> _Task to complete_: Your answer should repeat every line of the records below in which the word "NanoTime" appears.
┄┄┄┄┄┄┄┄┄┄┄┄┄┄┄┄┄┄┄┄
-- ===== src/Time.antt =====
-- wingfoil/src/time.rs: NanoTime, nanoseconds since the unix epoch as a 64-bit number. A signed 64-bit
-- number is its bit pattern, which is what the casts of the source keep.
use wingfoil.Base.{ℕ, ◌+◌, ◌-◌, ◌*◌, ◌/◌, ◌%◌, ◌<◌, ◌≡◌, arith, u64_mod, if◌then◌else◌, ◌==◌}

abbrev pub nanos_per_second : ℕ
nanos_per_second = 1000000000

abbrev pub kdb_epoch_offset_nanos : ℕ
kdb_epoch_offset_nanos = 946684800000000000

-- `i64::MAX`
abbrev i64_max : ℕ
i64_max = 9223372036854775807

unfoldable pub from_kdb_timestamp : ℕ → ℕ
from_kdb_timestamp kdb_nanos = (kdb_nanos + kdb_epoch_offset_nanos) % u64_mod

unfoldable pub to_kdb_timestamp : ℕ → ℕ
to_kdb_timestamp t =
    if t == u64_mod - 1 then i64_max else (t + (u64_mod - kdb_epoch_offset_nanos)) % u64_mod

-- A Duration is whole seconds and nanoseconds below a second; `as_nanos() as u64` truncates.
pub record Duration : Type 0 where
  pub secs : ℕ
  pub nanos : ℕ

unfoldable pub from_duration : Duration → ℕ
from_duration d = (d.secs * nanos_per_second % u64_mod + d.nanos) % u64_mod

-- `Duration::from_nanos`
unfoldable pub to_duration : ℕ → Duration
to_duration t = record { secs = t / nanos_per_second; nanos = t % nanos_per_second }

-- Every NanoTime below the maximum survives the conversion to a KDB timestamp and back, also
-- before the KDB epoch.
from_kdb_timestamp-to_kdb_timestamp :
    (t : ℕ) → t + 1 < u64_mod → from_kdb_timestamp (to_kdb_timestamp t) ≡ t
unfolding from_kdb_timestamp to_kdb_timestamp
from_kdb_timestamp-to_kdb_timestamp t h = ground arith

-- Every NanoTime survives the conversion to a Duration and back.
pub from_duration-to_duration : (t : ℕ) → t < u64_mod → from_duration (to_duration t) ≡ t
unfolding from_duration to_duration
from_duration-to_duration t h = omega arith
┄┄┄┄┄┄┄┄┄┄┄┄┄┄┄┄┄┄┄┄
> _Solution below_:
-- wingfoil/src/time.rs: NanoTime, nanoseconds since the unix epoch as a 64-bit number. A signed 64-bit
-- Every NanoTime below the maximum survives the conversion to a KDB timestamp and back, also
-- Every NanoTime survives the conversion to a Duration and back.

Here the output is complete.